7.2 FDA Approval History

The regulatory journey of fluocinolone acetonide in the United States reflects its evolution from a single compound to a component of numerous products and delivery systems.

• Early Topical Approvals: The drug has been available in the U.S. for decades. For example, an Abbreviated New Drug Application (ANDA) for Fluocinolone Acetonide Topical Solution, 0.01% was approved by the FDA as early as June 15, 1982.
• Generic Formulations: As patents expired, numerous generic versions entered the market. The ANDAs for generic versions of the 0.01% topical oil (Body Oil and Scalp Oil), bioequivalent to the reference product Derma-Smoothe/FS, were approved by the FDA on October 17, 2011.
• Intravitreal Implants: The modern era of fluocinolone acetonide has been defined by its incorporation into long-acting ophthalmic implants.
• An implantable device containing fluocinolone acetonide was approved by the FDA in May 2016.
• The Yutiq (0.18 mg) intravitreal implant received FDA approval on October 15, 2018, for the treatment of chronic non-infectious uveitis affecting the posterior segment of the eye.
• The Iluvien (0.19 mg) implant is approved for the treatment of diabetic macular edema.

This regulatory timeline illustrates a classic pharmaceutical lifecycle. The initial discovery of a potent molecule led to decades of widespread use in conventional topical formulations. In the 21st century, the drug experienced a revitalization through the application of advanced drug delivery technology, creating novel, high-value products for specialized indications. This demonstrates how a mature, well-understood active pharmaceutical ingredient can gain new therapeutic applications and market longevity through innovations in formulation science that target unmet medical needs.

7.3 Brand Names

Reflecting its long history and global use, fluocinolone acetonide is marketed under a multitude of brand names, both as a single agent and in combination products.

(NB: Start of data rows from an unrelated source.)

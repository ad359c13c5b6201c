-- ===== src/Features/Service/Guards.antt =====
-- Who may set or clear a flag, and with what value.
use egras.Prelude.{
  ℕ, Bool, true, false, contains, some, ok, err, ◌≡◌, ◌↔◌, ◌⊎◌, arith, Option-cases, Result-cases,
  inl, inr, String_eq, ℕ_eq,
}
use egras.Audit.Model.{Stamp}
use egras.Features.Model.{FeatureValueType, FeatureDefinition, try_from_str, validate}
use egras.Features.Model.Typing.{HasType, validate_iff}
use egras.Features.Repository.{
  Db, Query, DefinitionRow, get_definition_query, upsert_query, get_definition, definition_row,
  upsert_override, delete_override,
}
use egras.Features.Repository.Rows.{any-definition_row}
use egras.Features.Service.{
  World, SetOrgFeatureInput, SetOrgFeatureError, check_set, set_org_feature, ClearOrgFeatureInput,
  ClearOrgFeatureError, check_clear, clear_org_feature,
}

-- The flag exists, the value has its declared type, and the flag is self-service or the actor is
-- an operator.
pub record MaySet (is_i64 : ℕ → Bool) (input : SetOrgFeatureInput) (db : Db) : Type 0 where
  pub row : DefinitionRow
  pub value_type : FeatureValueType
  pub known : definition_row input.slug db.definitions ≡ some row
  pub decoded : try_from_str row.value_type ≡ some value_type
  pub typed : HasType is_i64 value_type input.value
  pub allowed : (row.self_service ≡ true) ⊎ (input.actor_is_operator ≡ true)

module _ (fails : Query → Bool) (is_i64 : ℕ → Bool) (input : SetOrgFeatureInput) (db : Db) where
  check_set_sound :
      (d : FeatureDefinition) → check_set fails is_i64 input db ≡ ok d → MaySet is_i64 input db
  unfolding check_set get_definition
  check_set_sound d h = elim (Option-cases (definition_row input.slug db.definitions)) [
    | inl unknown ↦ absurd (ground arith)
    | inr (row, known) ↦ elim (Option-cases (try_from_str row.value_type)) [
      | inl bad ↦ absurd (ground arith)
      | inr (t, good) ↦ elim (Result-cases (validate is_i64 t input.value)) [
        | inr (reason, wrong) ↦ absurd (ground arith)
        | inl (tt, right) ↦ record {
          row = row;
          value_type = t;
          known = known;
          decoded = good;
          typed = (validate_iff is_i64 t input.value).0 right;
          allowed = ground arith;
        }
      ]
    ]
  ]

  check_set_complete :
      fails (get_definition_query input.slug) ≡ false
      → MaySet is_i64 input db
      → (d : FeatureDefinition) × (check_set fails is_i64 input db ≡ ok d)
  unfolding check_set get_definition
  check_set_complete f m =
      let right = (validate_iff is_i64 m.value_type input.value).1 m.typed in
      (
        record {
          slug = m.row.slug;
          value_type = m.value_type;
          default_value = m.row.default_value;
          description = m.row.description;
          self_service = m.row.self_service;
        },
        ground (arith, m.known, m.decoded, m.allowed, right),
      )

module _ (fails : Query → Bool) (is_i64 : ℕ → Bool) (now : ℕ) (stamp : Stamp) where
  pub set_org_feature_sound :
      (input : SetOrgFeatureInput) (w : World)
      → (set_org_feature fails is_i64 now stamp input w).0 ≡ ok tt
      → MaySet is_i64 input w.db
  unfolding set_org_feature
  set_org_feature_sound input w h = elim (Result-cases (check_set fails is_i64 input w.db)) [
    | inl (d, passed) ↦ check_set_sound fails is_i64 input w.db d passed
    | inr (e, refused) ↦ absurd (ground arith)
  ]

  -- When no query fails, and the organisation and the actor exist: a set succeeds exactly when the
  -- flag exists, the value has its declared type, and the flag is self-service or the actor is an
  -- operator.
  pub set_org_feature-ok_iff :
      (input : SetOrgFeatureInput) (w : World)
      → fails (get_definition_query input.slug) ≡ false
      → fails (upsert_query input.organisation_id input.slug) ≡ false
      → contains w.db.organisations input.organisation_id ≡ true
      → contains w.db.users input.actor_user_id ≡ true
      → ((set_org_feature fails is_i64 now stamp input w).0 ≡ ok tt) ↔ MaySet is_i64 input w.db
  unfolding set_org_feature upsert_override
  set_org_feature-ok_iff input w f g org user = (
    set_org_feature_sound input w,
    λ m.
        let (d, passed) = check_set_complete fails is_i64 input w.db f m in
        ground (arith, any-definition_row input.slug w.db.definitions m.row, m.known, passed),
  )

  -- A set that fails, by a guard or by the database, leaves tables, cache and audit trail alone.
  pub set_org_feature_error_unchanged :
      (input : SetOrgFeatureInput) (w : World) (e : SetOrgFeatureError)
      → (set_org_feature fails is_i64 now stamp input w).0 ≡ err e
      → (set_org_feature fails is_i64 now stamp input w).1 ≡ w
  unfolding set_org_feature
  set_org_feature_error_unchanged input w e h =
      elim (Result-cases (check_set fails is_i64 input w.db)) [
        | inr (e', refused) ↦ ground arith
        | inl (d, passed) ↦
            elim (Result-cases (
              upsert_override fails now input.organisation_id input.slug input.value
                input.actor_user_id w.db)) [
                  | inl (r, stored) ↦ absurd (ground arith)
                  | inr (e', failed) ↦ ground arith
                ]
      ]

module _ (fails : Query → Bool) (stamp : Stamp) where
  -- A clear that fails, by a guard or by the database, leaves tables, cache and audit trail alone.
  pub clear_org_feature_error_unchanged :
      (input : ClearOrgFeatureInput) (w : World) (e : ClearOrgFeatureError)
      → (clear_org_feature fails stamp input w).0 ≡ err e
      → (clear_org_feature fails stamp input w).1 ≡ w
  unfolding clear_org_feature
  clear_org_feature_error_unchanged input w e h =
      elim (Result-cases (check_clear fails input w.db)) [
        | inr (e', refused) ↦ ground arith
        | inl (d, passed) ↦
            elim (Result-cases (delete_override fails input.organisation_id input.slug w.db)) [
              | inl (r, stored) ↦ absurd (ground arith)
              | inr (e', failed) ↦ ground arith
            ]
      ]
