-- ===== src/Adapter/Jsonc.antt =====
-- JSONC of internal/adapter/adapter.go: how the comments and the trailing commas are taken out of
-- a document. A document is the list of its bytes; the position in each of its loops is a mode.
pub mod Laws
use mathlib.Core.Option
use shadow_relay.Prelude.{
  ℕ, Bool, true, false, not, ◌&&◌, ◌||◌, Option, none, some, List, [], ◌∷◌, eqb, if◌then◌else◌,
}

-- In the code, in a string, after a backslash of one, in a line comment, at the star that opens a
-- comment, in that comment, and at the slash that closes it.
pub data Mode : Type 0 where
  code : Mode
  quoted : Mode
  escaped : Mode
  line : Mode
  opening : Mode
  block : Mode
  closing : Mode

-- `b[i+1] == x`
unfoldable pub is_next : ℕ → List ℕ → Bool
is_next x [] = false
is_next x (c ∷ cs) = eqb c x

-- `"` is 34, `\` 92, `/` 47, `*` 42 and the end of a line 10.
unfoldable pub after_quote : ℕ → Mode
after_quote c = if eqb c 92 then escaped else if eqb c 34 then code else quoted

-- The mode after a byte, before the given ones.
unfoldable pub mode_after : Mode → ℕ → List ℕ → Mode
mode_after code c cs =
    if eqb c 34
    then quoted
    else if eqb c 47 && is_next 47 cs
    then line
    else if eqb c 47 && is_next 42 cs
    then opening
    else code
mode_after quoted c cs = after_quote c
mode_after escaped c cs = quoted
mode_after line c cs = if eqb c 10 then code else line
mode_after opening c cs = block
mode_after block c cs = if eqb c 42 && is_next 47 cs then closing else block
mode_after closing c cs = code

-- What it appends to `out`.
unfoldable pub emitted : Mode → ℕ → List ℕ → List ℕ → List ℕ
emitted code c cs out =
    if (eqb c 47 && is_next 47 cs) || (eqb c 47 && is_next 42 cs) then out else c ∷ out
emitted quoted c cs out = c ∷ out
emitted escaped c cs out = c ∷ out
emitted line c cs out = if eqb c 10 then 10 ∷ out else out
emitted opening c cs out = out
emitted block c cs out = out
emitted closing c cs out = 32 ∷ out

-- none is the error of an unterminated comment.
unfoldable pub at_end : Mode → Option (List ℕ)
at_end code = some []
at_end quoted = some []
at_end escaped = some []
at_end line = some (10 ∷ [])
at_end opening = none
at_end block = none
at_end closing = none

-- The first loop.
unfoldable pub strip_comments : Mode → List ℕ → Option (List ℕ)
strip_comments m [] = at_end m
strip_comments m (c ∷ cs) = Option.map (emitted m c cs) (strip_comments (mode_after m c cs) cs)

unfoldable pub is_blank : ℕ → Bool
is_blank c = eqb c 32 || eqb c 10 || eqb c 13 || eqb c 9

-- Does a bracket close after the blanks?
unfoldable pub closes : List ℕ → Bool
closes [] = false
closes (c ∷ cs) = let rest = closes cs in if is_blank c then rest else eqb c 125 || eqb c 93

unfoldable pub comma_mode : Mode → ℕ → Mode
comma_mode quoted c = after_quote c
comma_mode escaped c = quoted
comma_mode m c = if eqb c 34 then quoted else code

unfoldable pub is_dropped : Mode → ℕ → List ℕ → Bool
is_dropped quoted c cs = false
is_dropped escaped c cs = false
is_dropped m c cs = eqb c 44 && closes cs

-- The second loop.
unfoldable pub drop_commas : Mode → List ℕ → List ℕ
drop_commas m [] = []
drop_commas m (c ∷ cs) =
    let rest = drop_commas (comma_mode m c) cs in if is_dropped m c cs then rest else c ∷ rest

unfoldable pub jsonc : List ℕ → Option (List ℕ)
jsonc b = Option.map (drop_commas code) (strip_comments code b)
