-- ===== src/Adapter/Jsonc/Laws.antt =====
-- What the two loops of JSONC keep and what they take out.
use mathlib.Core.Option
use shadow_relay.Adapter.Jsonc.{Mode, code, quoted, escaped}

-- The mode in which the output of a mode is read.
unfoldable resting : Mode → Mode
resting quoted = quoted
resting escaped = escaped
resting _ = code
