-- ===== src/Adapter/Registry.antt =====
-- The protocols of internal/adapter/adapter.go: `registry`, and `Base`.
use shadow_relay.Prelude.{
  String, Bool, true, false, Option, none, some, List, [], ◌∷◌, ◌==◌, if◌then◌else◌,
}
use shadow_relay.Model.Source.{Normalized, empty_normalized}

pub record Description : Type 0 where
  pub protocol : String
  pub media_types : List String
  pub capabilities : List String
  pub runtime : Bool

abbrev described : String → List String → List String → Bool → Description
described p m c r = record { protocol = p; media_types = m; capabilities = c; runtime = r }

abbrev pub registry : List Description
registry =
    described "legado-replace" ("text.novel" ∷ []) ("cleanup" ∷ []) true
    ∷ described "so-novel" ("text.novel" ∷ []) ("search" ∷ "detail" ∷ "toc" ∷ "chapter" ∷ []) true
    ∷ described "relay-book" ("text.novel" ∷ []) ("search" ∷ "detail" ∷ "toc" ∷ "chapter" ∷ []) true
    ∷ described "podcast" ("audio.podcast" ∷ []) ("browse" ∷ "stream" ∷ []) false
    ∷ described "lx-music" ("audio.music" ∷ []) ("browse" ∷ "search" ∷ "stream" ∷ []) false
    ∷ described "music-playlist" ("audio.music" ∷ []) ("browse" ∷ "stream" ∷ []) false
    ∷ described "direct-link" ("video.movie" ∷ "video.series" ∷ "audio.music" ∷ [])
        ("browse" ∷ "stream" ∷ []) false
    ∷ described "m3u" ("video.live" ∷ []) ("live" ∷ "stream" ∷ []) false
    ∷ described "xmltv" ("support.epg" ∷ []) ("epg" ∷ []) false
    ∷ described "tvbox" ("video.movie" ∷ "video.series" ∷ []) ("browse" ∷ "search" ∷ "stream" ∷ [])
        false
    ∷ described "legado-book" ("text.novel" ∷ []) ("search" ∷ "detail" ∷ "chapter" ∷ []) true
    ∷ described "legado-rss" ("text.article" ∷ []) ("browse" ∷ []) true
    ∷ described "legado-tts" ("speech.tts" ∷ []) ("tts" ∷ []) true
    ∷ described "rss" ("text.article" ∷ "audio.podcast" ∷ []) ("browse" ∷ []) false
    ∷ described "atom" ("text.article" ∷ []) ("browse" ∷ []) false
    ∷ described "json-feed" ("text.article" ∷ "audio.podcast" ∷ []) ("browse" ∷ []) false
    ∷ described "opml" ("text.article" ∷ []) ("browse" ∷ []) false
    ∷ described "opds1" ("text.ebook" ∷ []) ("browse" ∷ "download" ∷ []) false
    ∷ described "opds2" ("text.ebook" ∷ []) ("browse" ∷ "download" ∷ []) false
    ∷ described "shadow-bundle" ([]) ([]) false
    ∷ described "mihon-repo" ("image.comic" ∷ []) ("search" ∷ "page" ∷ []) true
    ∷ described "catalog" ([]) ([]) false
    ∷ []

unfoldable pub find_description : List Description → String → Option Description
find_description [] protocol = none
find_description (d ∷ ds) protocol =
    let rest = find_description ds protocol in if d.protocol == protocol then some d else rest

-- none where the code answers "unsupported protocol"
unfoldable pub base : String → Option Normalized
base protocol = elim (find_description registry protocol) [
  | none ↦ none
  | some d ↦ some (record empty_normalized {
    protocol = protocol;
    media_types = d.media_types;
    capabilities = d.capabilities;
    requires_runtime = d.runtime;
  })
]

• Topical Formulations: Synalar, Capex, Derma-Smoothe/FS, Flac, Fluoderm, Fluonex.
• Otic Formulations: DermOtic, Flac.
• Ophthalmic Formulations (Implants): Iluvien, Retisert, Yutiq.
• Combination Products:
• Neo-Synalar: with the antibiotic neomycin.
• Otovel: with the antibiotic ciprofloxacin.
• Tri-Luma: with the depigmenting agent hydroquinone and the retinoid tretinoin.

8.0 Expert Analysis and Recommendations

This comprehensive review of fluocinolone acetonide reveals a mature, potent, and remarkably versatile corticosteroid whose clinical role is defined by a nuanced interplay between its intrinsic pharmacological activity and its diverse pharmaceutical formulations. A synthesis of the available evidence allows for a clear delineation of its risk-benefit profile and its appropriate place in modern therapy.

8.1 Synthesis of Risk-Benefit Profile

The risk-benefit profile of fluocinolone acetonide is not monolithic; it exists on a spectrum that is highly dependent on the chosen formulation and the clinical context.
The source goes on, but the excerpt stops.